▶ [Activity] Scan the records below for the word "empty" and give only the number of lines that hold it.
__________
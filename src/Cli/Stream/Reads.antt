-- ===== src/Cli/Stream/Reads.antt =====
-- The reads of a connection of utils/edio24cli.c, one after the other: on_tcp_cli_read is called with
-- what arrived, until it closes the connection.
use libedio.Base.{
  ℕ, suc, ◌+◌, ◌-◌, ◌%◌, ◌^◌, ◌≤◌, ◌<◌, ◌≡◌, ◌≢◌, ◌∙◌, refl, sym, ap, arith, inl, inr, Bool, true,
  false, Bool-cases, List, [], ◌∷◌, ◌++◌, Buffer, IsBytes, not, ltb, ltb→lt, ltb→le, lt→ltb, pos,
}
use mathlib.Core.List.{append_assoc}
use mathlib.Core.Path.{subst}
use libedio.Text.{length}
use libedio.Text.Laws.{length-append}
use libedio.Stream.{bytes_of, length-bytes_of, bytes_of-split, join, arrived, ArePieces}
use libedio.Stream.Frames.{AllFrames, AllFit, AllFit-suffix, AllFrames-prefix, stuck-lt}
use libedio.Cli.State.{Console, IsConsole, sizeof_buffer}
use libedio.Cli.Process.Laws.{IsStuck}
use libedio.Cli.Receive.{Outcome, returned, undefined, out_of_fuel, on_tcp_cli_read}
use libedio.Cli.Receive.Laws.{on_tcp_cli_read-Handled}
use libedio.Cli.Stream.{is_reply, held, IsCounter, Took, Fed-Took}

-- What libuv makes of a connection: a read for each piece that arrives, a piece being as long as its
-- buffer. After the close nothing more is read.
unfoldable pub reads : Console → List Buffer → Outcome
reads c [] = returned c false false
reads c (b ∷ bs) = elim (on_tcp_cli_read c (pos b.cap) b) [
  | returned c' true ended ↦ returned c' true ended
  | returned c' false ended ↦ reads c' bs
  | undefined ↦ undefined
  | out_of_fuel ↦ out_of_fuel
]

reads-open :
    (c c' : Console) (b : Buffer) (bs : List Buffer) (ended : Bool)
    → on_tcp_cli_read c (pos b.cap) b ≡ returned c' false ended
    → reads c (b ∷ bs) ≡ reads c' bs
unfolding reads
reads-open c c' b bs ended e = rw (e, reads) refl

reads-closed :
    (c c' : Console) (b : Buffer) (bs : List Buffer) (ended : Bool)
    → on_tcp_cli_read c (pos b.cap) b ≡ returned c' true ended
    → reads c (b ∷ bs) ≡ returned c' true ended
unfolding reads
reads-closed c c' b bs ended e = rw (e, reads) refl

-- A read in a stream of replies: the first ones are counted, and what is held is the begin of the rest.
record Continues (c : Console) (b : Buffer) (qs : List (List ℕ)) (future : List ℕ) : Type 0 where
  last : Console
  counted : List (List ℕ)
  rest : List (List ℕ)
  returns :
      on_tcp_cli_read c (pos b.cap) b
      ≡ returned last
          (not (ltb last.num_responds last.num_requests))
          (not (ltb last.num_responds last.num_requests))
  split : qs ≡ counted ++ rest
  frames : AllFrames is_reply rest
  stream : held last ++ future ≡ join rest
  valid : IsConsole last
  stuck : IsStuck last
  counts : last.num_responds ≡ (c.num_responds + length counted) % 2 ^ 64
  requests : last.num_requests ≡ c.num_requests

-- A full buffer in a stream of replies that fit it begins with a whole one.
full-absurd :
    (c : Console) (qs : List (List ℕ)) (y : List ℕ)
    → AllFrames is_reply qs
    → AllFit sizeof_buffer qs
    → held c ++ y ≡ join qs
    → IsStuck c
    → c.sz_data ≢ sizeof_buffer
full-absurd c [] y fs fits e stuck full =
    omega (arith, ap length e, length-append (held c) y, length-bytes_of c.buffer.byte c.sz_data)
full-absurd c (q ∷ qs) y fs fits e stuck full =
    omega (arith, fits.0, stuck-lt is_reply c.buffer.byte c.sz_data q y (join qs) fs.0 e stuck)

on_tcp_cli_read-Continues :
    (c : Console) (b : Buffer) (qs : List (List ℕ)) (future : List ℕ)
    → IsConsole c
    → IsCounter c
    → 0 < b.cap
    → IsBytes b.byte
    → AllFrames is_reply qs
    → AllFit sizeof_buffer qs
    → held c ++ (bytes_of b.byte b.cap ++ future) ≡ join qs
    → Continues c b qs future
on_tcp_cli_read-Continues c b qs future v small piece bytes fs fits e =
    let n : ℕ = b.cap - 1 in
    let size : suc n ≡ b.cap = omega arith in
    let h = on_tcp_cli_read-Handled c n b v bytes (omega arith) in
    let t : Took c h.last (bytes_of b.byte h.fed) = Fed-Took small h.history in
    let left : List ℕ = bytes_of (λ i. b.byte (h.fed + i)) (b.cap - h.fed) in
    let stream : (fed_less : h.fed ≤ b.cap)
        → join t.replies ++ (held h.last ++ (left ++ future)) ≡ join qs =
      λ fed_less.
        sym (append_assoc (join t.replies) (held h.last) (left ++ future))
        ∙ (ap (λ (s : List ℕ). s ++ (left ++ future)) (sym t.stream)
            ∙ (append_assoc (held c) (bytes_of b.byte h.fed) (left ++ future)
                ∙ (ap (◌++◌ (held c)) (
                      sym (append_assoc (bytes_of b.byte h.fed) left future)
                      ∙ ap (λ (s : List ℕ). s ++ future)
                          (sym (bytes_of-split b.byte h.fed (b.cap - h.fed) b.cap (omega arith))))
                    ∙ e))) in
    let part : h.fed ≤ b.cap = omega (arith, h.within) in
    let (rest, split, behind, gs) =
      AllFrames-prefix is_reply t.replies qs _ t.frames fs (stream part) in
    let fits' : AllFit sizeof_buffer rest =
      AllFit-suffix sizeof_buffer t.replies rest (subst (AllFit sizeof_buffer) split fits) in
    let all_fed : h.fed ≡ b.cap = elim h.full [
      | inl all ↦ omega arith
      | inr full ↦ absurd (full-absurd h.last rest (left ++ future) gs fits' behind h.stuck full)
    ] in
    let none_left : bytes_of (λ i. b.byte (h.fed + i)) (b.cap - h.fed) ≡ [] =
      (let e' : b.cap - h.fed ≡ 0 = omega arith in rw e' refl) in
    record {
      last = h.last;
      counted = t.replies;
      rest = rest;
      returns =
          subst
            (λ (k : ℕ).
              on_tcp_cli_read c (pos k) b
              ≡ returned h.last (not (ltb h.last.num_responds h.last.num_requests))
                  (not (ltb h.last.num_responds h.last.num_requests)))
            size h.returns;
      split = split;
      frames = gs;
      stream = ap (λ (s : List ℕ). held h.last ++ (s ++ future)) (sym none_left) ∙ behind;
      valid = h.valid;
      stuck = h.stuck;
      counts = t.counts;
      requests = t.requests;
    }

-- What the client comes to: all replies are counted, nothing is held, and the connection is closed and
-- the program ended exactly if no reply is missing.
pub record AllRead (c : Console) (replies : ℕ) (result : Outcome) : Type 0 where
  pub last : Console
  pub returns :
      result
      ≡ returned last
          (not (ltb last.num_responds last.num_requests))
          (not (ltb last.num_responds last.num_requests))
  pub counts : last.num_responds ≡ c.num_responds + replies
  pub requests : last.num_requests ≡ c.num_requests
  pub empty : last.sz_data ≡ 0

pub reads-AllRead :
    (bs : List Buffer) (c : Console) (qs : List (List ℕ))
    → IsConsole c
    → IsStuck c
    → ArePieces bs
    → AllFrames is_reply qs
    → AllFit sizeof_buffer qs
    → held c ++ arrived bs ≡ join qs
    → c.num_responds < c.num_requests
    → c.num_responds + length qs ≤ c.num_requests
    → c.num_requests < 2 ^ 64
    → AllRead c (length qs) (reads c bs)
unfolding reads
reads-AllRead [] c [] v stuck are fs fits e more most big =
    let waits : not (ltb c.num_responds c.num_requests) ≡ false = rw (lt→ltb _ _ more) refl in
    record {
      last = c;
      returns = rw waits refl;
      counts = omega arith;
      requests = refl;
      empty =
          omega (
            arith,
            ap length e,
            length-append (held c) [],
            length-bytes_of c.buffer.byte c.sz_data,
          );
    }
reads-AllRead [] c (q ∷ qs) v stuck are fs fits e more most big = absurd (
    omega (
      arith,
      stuck-lt is_reply c.buffer.byte c.sz_data q [] (join qs) fs.0 e stuck,
      ap length e,
      length-append (held c) [],
      length-append q (join qs),
      length-bytes_of c.buffer.byte c.sz_data,
    ))
reads-AllRead (b ∷ bs) c qs v stuck are fs fits e more most big =
    let r = on_tcp_cli_read-Continues c b qs (arrived bs) v (omega arith) are.0 are.1 fs fits e in
    let fits' : AllFit sizeof_buffer r.rest =
      AllFit-suffix sizeof_buffer r.counted r.rest (subst (AllFit sizeof_buffer) r.split fits) in
    let number : length qs ≡ length r.counted + length r.rest =
      ap length r.split ∙ length-append r.counted r.rest in
    let counts : r.last.num_responds ≡ c.num_responds + length r.counted =
      omega (arith, r.counts) in
    elim (Bool-cases (ltb r.last.num_responds r.last.num_requests)) [
      | inl waits ↦
          let rest =
            reads-AllRead bs r.last r.rest r.valid r.stuck are.2 r.frames fits' r.stream
              (ltb→lt _ _ waits) (omega (arith, r.requests)) (omega (arith, r.requests)) in
          record {
            last = rest.last;
            returns = reads-open c r.last b bs false (rw waits at r.returns) ∙ rest.returns;
            counts = omega (arith, rest.counts);
            requests = rest.requests ∙ r.requests;
            empty = rest.empty;
          }
      | inr ends ↦
          let none_left : length r.rest ≡ 0 = omega (arith, ltb→le _ _ ends, r.requests) in
          record {
            last = r.last;
            returns = rw ends (reads-closed c r.last b bs true (rw ends at r.returns));
            counts = omega arith;
            requests = r.requests;
            empty = omega (
              arith,
              ap length r.stream,
              length-append (held r.last) (arrived bs),
              length-bytes_of r.last.buffer.byte r.last.sz_data,
              join-empty r.rest none_left,
            );
          }
    ]
  where
    join-empty : (qs : List (List ℕ)) → length qs ≡ 0 → length (join qs) ≡ 0
    join-empty [] h = refl
    join-empty (q ∷ qs) h = absurd (omega arith)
__________
▶ [Reply to the exercise] 8